═════ Supplied information
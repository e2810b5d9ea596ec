-- ===== src/Frame/Tcp/Buffers.antt =====
-- tcp/frame/codec.go, `Decode`: what becomes of the pool's buffer on every path, and which frames it
-- refuses that `Encode` writes.
use fabrica_net.Base.{ℕ, ◌≤◌, ◌<◌, false, List, ℤ, pos_part, length, ◌≡◌, arith}
use fabrica_net.Frame.{
  max_pack_size, read_len_failed, invalid_pack_len, read_pack_failed, BufferPool,
}
use fabrica_net.Frame.Prefix.{refuses}
use fabrica_net.Frame.Tcp.{Decoded, pack, decode_error}

-- What passes the test is a size from 1 to `MaxPackSize`.
pub asked : (n : ℤ) → refuses n ≡ false → (0 < pos_part n) × (pos_part n ≤ max_pack_size)
unfolding refuses
asked n e = ground arith

module _ (pool : BufferPool) where
  open pool use {State, Buffer, len, alloc, free, len-alloc}

  -- `n` bytes were asked of the pool.
  abbrev Asked : ℕ → Type 0
  Asked n = (0 < n) × (n ≤ max_pack_size)

  abbrev pub Accounts : State → Decoded State Buffer → Type 0
  Accounts s (pack p buf s' r) =
      (n : ℕ) × Asked n × (buf ≡ (alloc s n).0) × (s' ≡ (alloc s n).1) × (length p ≡ n)
  Accounts s (decode_error read_len_failed s') = s' ≡ s
  Accounts s (decode_error invalid_pack_len s') = s' ≡ s
  Accounts s (decode_error read_pack_failed s') =
      (n : ℕ) × Asked n × (s' ≡ free (alloc s n).1 (alloc s n).0)
  Accounts s other = ⊥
══════════
Take the line holding "module _ (pool : BufferPool) where" and all lines after it through the end of the data, and set them down exactly.

module _ (pool : BufferPool) where
  open pool use {State, Buffer, len, alloc, free, len-alloc}

  -- `n` bytes were asked of the pool.
  abbrev Asked : ℕ → Type 0
  Asked n = (0 < n) × (n ≤ max_pack_size)

  abbrev pub Accounts : State → Decoded State Buffer → Type 0
  Accounts s (pack p buf s' r) =
      (n : ℕ) × Asked n × (buf ≡ (alloc s n).0) × (s' ≡ (alloc s n).1) × (length p ≡ n)
  Accounts s (decode_error read_len_failed s') = s' ≡ s
  Accounts s (decode_error invalid_pack_len s') = s' ≡ s
  Accounts s (decode_error read_pack_failed s') =
      (n : ℕ) × Asked n × (s' ≡ free (alloc s n).1 (alloc s n).0)
  Accounts s other = ⊥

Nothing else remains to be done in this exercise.